WHAT TO WORK ON:
Look below for the line containing "those that read.". Output it and each remaining line of the entries exactly, and nothing else.

GIVEN RECORDS:
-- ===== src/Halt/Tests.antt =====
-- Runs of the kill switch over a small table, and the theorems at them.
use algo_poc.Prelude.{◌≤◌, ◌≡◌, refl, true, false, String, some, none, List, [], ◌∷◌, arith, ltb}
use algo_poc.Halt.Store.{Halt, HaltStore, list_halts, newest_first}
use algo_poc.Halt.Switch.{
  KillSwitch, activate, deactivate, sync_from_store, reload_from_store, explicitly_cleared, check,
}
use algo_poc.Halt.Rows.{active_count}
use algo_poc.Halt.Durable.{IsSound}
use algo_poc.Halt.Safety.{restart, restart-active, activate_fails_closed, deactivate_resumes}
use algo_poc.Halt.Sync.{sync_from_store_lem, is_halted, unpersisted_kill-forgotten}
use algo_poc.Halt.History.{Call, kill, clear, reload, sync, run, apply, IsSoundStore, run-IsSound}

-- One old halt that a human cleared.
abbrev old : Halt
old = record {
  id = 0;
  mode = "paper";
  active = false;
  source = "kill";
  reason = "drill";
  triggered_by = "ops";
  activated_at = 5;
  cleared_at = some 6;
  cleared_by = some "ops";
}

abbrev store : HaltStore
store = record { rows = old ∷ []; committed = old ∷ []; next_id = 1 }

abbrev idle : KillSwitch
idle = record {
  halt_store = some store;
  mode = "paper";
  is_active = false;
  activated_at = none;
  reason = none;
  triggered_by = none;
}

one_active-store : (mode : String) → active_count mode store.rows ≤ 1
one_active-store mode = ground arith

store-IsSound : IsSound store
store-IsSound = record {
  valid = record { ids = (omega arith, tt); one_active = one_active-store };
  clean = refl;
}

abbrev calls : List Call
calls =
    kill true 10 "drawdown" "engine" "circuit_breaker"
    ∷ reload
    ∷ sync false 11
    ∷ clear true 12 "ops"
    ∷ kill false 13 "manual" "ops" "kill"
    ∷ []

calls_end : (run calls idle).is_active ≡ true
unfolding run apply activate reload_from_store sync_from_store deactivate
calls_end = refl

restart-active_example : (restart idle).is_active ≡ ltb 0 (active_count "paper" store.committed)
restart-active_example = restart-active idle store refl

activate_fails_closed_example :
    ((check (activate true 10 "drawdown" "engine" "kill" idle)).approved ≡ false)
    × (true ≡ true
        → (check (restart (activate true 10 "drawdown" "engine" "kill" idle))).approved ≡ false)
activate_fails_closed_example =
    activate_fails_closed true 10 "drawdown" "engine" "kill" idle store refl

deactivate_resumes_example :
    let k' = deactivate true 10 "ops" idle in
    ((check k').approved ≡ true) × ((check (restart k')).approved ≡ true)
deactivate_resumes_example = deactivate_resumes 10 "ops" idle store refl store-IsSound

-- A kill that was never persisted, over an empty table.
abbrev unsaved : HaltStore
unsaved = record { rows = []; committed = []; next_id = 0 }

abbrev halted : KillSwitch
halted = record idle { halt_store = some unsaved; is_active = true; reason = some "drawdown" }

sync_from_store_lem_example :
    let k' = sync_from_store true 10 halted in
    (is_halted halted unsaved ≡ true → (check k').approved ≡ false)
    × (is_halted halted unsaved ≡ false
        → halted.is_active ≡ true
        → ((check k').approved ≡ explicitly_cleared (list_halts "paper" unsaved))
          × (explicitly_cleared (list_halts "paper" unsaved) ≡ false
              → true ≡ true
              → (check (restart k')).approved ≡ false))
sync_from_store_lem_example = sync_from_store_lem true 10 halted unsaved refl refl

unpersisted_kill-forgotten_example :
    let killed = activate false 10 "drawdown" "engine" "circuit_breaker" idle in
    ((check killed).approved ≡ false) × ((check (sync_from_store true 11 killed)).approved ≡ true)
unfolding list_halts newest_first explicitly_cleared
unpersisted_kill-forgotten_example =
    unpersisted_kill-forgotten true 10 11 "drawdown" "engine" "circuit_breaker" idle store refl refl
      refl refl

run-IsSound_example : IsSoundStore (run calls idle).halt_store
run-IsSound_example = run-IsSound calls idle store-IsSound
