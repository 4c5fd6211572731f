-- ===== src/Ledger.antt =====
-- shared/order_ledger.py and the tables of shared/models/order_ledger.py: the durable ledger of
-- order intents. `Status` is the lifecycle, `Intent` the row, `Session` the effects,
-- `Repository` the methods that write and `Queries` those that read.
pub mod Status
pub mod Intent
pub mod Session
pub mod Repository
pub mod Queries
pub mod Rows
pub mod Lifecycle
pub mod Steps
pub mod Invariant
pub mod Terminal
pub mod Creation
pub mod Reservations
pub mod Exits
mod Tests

YOUR SOLUTION:
-- `Repository` the methods that write and `Queries` those that read.
pub mod Status
pub mod Intent
pub mod Session
pub mod Repository
pub mod Queries
pub mod Rows
pub mod Lifecycle
pub mod Steps
pub mod Invariant
pub mod Terminal
pub mod Creation
pub mod Reservations
pub mod Exits
mod Tests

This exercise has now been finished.